- [TASK DETAILS]: In the entries that follow, the lines from the one with "for_each-IsRun f g ids h []" through the one with "ap (λ q. (q.0.0, q.1)) step ∙ rest.same" are the ones to write out, exactly and with both ends included. Nothing else should appear.

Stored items
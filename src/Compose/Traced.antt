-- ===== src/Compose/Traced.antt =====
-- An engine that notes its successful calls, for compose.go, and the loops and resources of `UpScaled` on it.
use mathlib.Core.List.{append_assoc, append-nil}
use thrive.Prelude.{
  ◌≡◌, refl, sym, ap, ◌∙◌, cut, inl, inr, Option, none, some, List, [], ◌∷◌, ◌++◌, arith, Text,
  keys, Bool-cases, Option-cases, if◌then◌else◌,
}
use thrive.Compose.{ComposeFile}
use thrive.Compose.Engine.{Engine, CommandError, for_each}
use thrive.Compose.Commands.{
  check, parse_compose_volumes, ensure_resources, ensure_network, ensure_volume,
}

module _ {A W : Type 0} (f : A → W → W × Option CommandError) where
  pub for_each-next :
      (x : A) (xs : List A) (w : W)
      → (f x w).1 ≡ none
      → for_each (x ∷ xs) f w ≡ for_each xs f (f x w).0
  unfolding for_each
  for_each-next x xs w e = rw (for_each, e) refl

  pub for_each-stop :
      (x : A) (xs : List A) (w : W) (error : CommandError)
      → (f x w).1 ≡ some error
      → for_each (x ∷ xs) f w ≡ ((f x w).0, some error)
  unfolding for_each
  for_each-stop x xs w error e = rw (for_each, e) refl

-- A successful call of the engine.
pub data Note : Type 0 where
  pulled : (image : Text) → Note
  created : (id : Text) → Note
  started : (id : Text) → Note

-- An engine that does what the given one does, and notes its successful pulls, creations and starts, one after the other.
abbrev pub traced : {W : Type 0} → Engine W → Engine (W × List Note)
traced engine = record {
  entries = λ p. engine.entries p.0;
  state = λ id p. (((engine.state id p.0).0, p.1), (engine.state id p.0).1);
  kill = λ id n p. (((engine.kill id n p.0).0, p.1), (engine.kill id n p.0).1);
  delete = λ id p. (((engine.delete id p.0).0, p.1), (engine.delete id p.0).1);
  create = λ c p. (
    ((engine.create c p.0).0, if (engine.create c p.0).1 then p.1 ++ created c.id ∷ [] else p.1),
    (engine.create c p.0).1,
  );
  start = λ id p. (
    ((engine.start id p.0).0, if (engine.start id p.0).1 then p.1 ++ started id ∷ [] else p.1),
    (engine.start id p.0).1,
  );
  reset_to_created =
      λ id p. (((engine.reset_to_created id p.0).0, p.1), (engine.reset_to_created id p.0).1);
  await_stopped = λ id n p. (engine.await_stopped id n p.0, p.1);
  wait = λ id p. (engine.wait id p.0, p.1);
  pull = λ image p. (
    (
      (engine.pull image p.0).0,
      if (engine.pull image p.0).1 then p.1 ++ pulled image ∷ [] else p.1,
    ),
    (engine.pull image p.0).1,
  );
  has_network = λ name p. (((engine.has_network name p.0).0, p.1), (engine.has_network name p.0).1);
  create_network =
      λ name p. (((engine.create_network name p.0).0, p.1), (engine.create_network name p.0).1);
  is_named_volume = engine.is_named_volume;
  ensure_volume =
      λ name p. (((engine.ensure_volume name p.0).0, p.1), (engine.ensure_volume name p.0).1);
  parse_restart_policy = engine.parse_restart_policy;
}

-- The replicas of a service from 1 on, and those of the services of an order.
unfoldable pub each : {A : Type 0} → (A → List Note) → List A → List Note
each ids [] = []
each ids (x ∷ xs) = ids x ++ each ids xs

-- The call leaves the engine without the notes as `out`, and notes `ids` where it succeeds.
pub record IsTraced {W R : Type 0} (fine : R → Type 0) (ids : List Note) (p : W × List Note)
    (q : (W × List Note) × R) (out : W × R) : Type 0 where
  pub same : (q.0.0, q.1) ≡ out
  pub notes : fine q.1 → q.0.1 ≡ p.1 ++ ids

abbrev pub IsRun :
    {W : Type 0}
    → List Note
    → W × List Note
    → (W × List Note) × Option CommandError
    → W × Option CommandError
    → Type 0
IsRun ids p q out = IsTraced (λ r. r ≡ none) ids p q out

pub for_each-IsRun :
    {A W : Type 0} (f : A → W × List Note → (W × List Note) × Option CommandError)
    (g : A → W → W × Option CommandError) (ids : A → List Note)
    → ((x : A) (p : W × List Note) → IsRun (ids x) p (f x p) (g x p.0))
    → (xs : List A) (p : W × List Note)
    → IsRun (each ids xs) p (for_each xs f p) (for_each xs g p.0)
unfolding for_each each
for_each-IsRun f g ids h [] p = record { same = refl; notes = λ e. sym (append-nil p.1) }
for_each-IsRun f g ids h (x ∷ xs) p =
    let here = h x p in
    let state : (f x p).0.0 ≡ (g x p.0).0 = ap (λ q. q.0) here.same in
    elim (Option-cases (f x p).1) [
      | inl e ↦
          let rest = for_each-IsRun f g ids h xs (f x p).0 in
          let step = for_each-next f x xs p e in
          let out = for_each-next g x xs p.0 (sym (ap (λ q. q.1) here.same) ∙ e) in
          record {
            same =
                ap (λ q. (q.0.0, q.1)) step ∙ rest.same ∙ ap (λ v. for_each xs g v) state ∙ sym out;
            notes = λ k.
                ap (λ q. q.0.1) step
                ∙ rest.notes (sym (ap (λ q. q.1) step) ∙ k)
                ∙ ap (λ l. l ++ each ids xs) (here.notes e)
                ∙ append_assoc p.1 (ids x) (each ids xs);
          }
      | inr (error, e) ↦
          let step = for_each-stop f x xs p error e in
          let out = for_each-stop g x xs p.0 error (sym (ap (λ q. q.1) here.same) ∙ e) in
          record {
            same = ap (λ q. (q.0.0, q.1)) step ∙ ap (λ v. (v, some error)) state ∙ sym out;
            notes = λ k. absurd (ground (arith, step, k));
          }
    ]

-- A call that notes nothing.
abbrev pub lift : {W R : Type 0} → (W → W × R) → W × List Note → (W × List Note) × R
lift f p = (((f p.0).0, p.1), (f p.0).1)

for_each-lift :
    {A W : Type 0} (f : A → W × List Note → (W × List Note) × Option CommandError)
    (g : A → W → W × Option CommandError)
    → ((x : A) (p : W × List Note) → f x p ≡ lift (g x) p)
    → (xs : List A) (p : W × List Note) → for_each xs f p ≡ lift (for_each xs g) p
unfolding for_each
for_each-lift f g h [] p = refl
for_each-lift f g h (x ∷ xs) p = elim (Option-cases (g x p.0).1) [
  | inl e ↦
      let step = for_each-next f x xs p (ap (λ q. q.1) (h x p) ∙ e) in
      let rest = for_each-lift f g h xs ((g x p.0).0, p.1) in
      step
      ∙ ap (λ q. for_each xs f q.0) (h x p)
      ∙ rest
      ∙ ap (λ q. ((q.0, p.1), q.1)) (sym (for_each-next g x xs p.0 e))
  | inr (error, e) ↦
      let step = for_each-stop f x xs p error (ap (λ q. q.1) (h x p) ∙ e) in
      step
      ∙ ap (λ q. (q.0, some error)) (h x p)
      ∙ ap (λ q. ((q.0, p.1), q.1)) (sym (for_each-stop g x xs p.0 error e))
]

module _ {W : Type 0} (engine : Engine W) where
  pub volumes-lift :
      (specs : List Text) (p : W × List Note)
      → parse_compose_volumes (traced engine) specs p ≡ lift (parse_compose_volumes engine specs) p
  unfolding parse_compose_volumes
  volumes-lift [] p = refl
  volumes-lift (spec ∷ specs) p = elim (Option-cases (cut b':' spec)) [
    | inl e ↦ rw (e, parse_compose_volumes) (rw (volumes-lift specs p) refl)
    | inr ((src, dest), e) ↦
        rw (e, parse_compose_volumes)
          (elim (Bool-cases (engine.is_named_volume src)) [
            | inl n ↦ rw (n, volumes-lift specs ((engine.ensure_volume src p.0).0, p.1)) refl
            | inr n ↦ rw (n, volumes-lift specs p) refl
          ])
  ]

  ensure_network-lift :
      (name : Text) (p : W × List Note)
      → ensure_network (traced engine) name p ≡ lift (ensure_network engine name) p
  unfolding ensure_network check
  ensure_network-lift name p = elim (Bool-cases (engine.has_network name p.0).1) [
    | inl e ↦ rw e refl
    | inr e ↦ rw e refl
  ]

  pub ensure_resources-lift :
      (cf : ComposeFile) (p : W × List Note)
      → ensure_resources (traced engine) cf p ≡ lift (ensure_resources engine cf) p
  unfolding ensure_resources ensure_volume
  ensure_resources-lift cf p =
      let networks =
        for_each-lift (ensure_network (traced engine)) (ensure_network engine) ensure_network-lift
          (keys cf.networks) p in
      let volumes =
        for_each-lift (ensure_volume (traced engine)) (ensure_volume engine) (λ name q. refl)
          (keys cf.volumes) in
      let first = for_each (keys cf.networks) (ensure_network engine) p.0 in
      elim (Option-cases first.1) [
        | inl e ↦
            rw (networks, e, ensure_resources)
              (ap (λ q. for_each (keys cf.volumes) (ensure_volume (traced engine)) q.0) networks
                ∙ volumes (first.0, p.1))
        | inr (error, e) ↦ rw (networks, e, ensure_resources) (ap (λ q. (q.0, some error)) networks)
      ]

- [SOLUTION FOR THIS EXERCISE]:
for_each-IsRun f g ids h [] p = record { same = refl; notes = λ e. sym (append-nil p.1) }
for_each-IsRun f g ids h (x ∷ xs) p =
    let here = h x p in
    let state : (f x p).0.0 ≡ (g x p.0).0 = ap (λ q. q.0) here.same in
    elim (Option-cases (f x p).1) [
      | inl e ↦
          let rest = for_each-IsRun f g ids h xs (f x p).0 in
          let step = for_each-next f x xs p e in
          let out = for_each-next g x xs p.0 (sym (ap (λ q. q.1) here.same) ∙ e) in
          record {
            same =
                ap (λ q. (q.0.0, q.1)) step ∙ rest.same ∙ ap (λ v. for_each xs g v) state ∙ sym out;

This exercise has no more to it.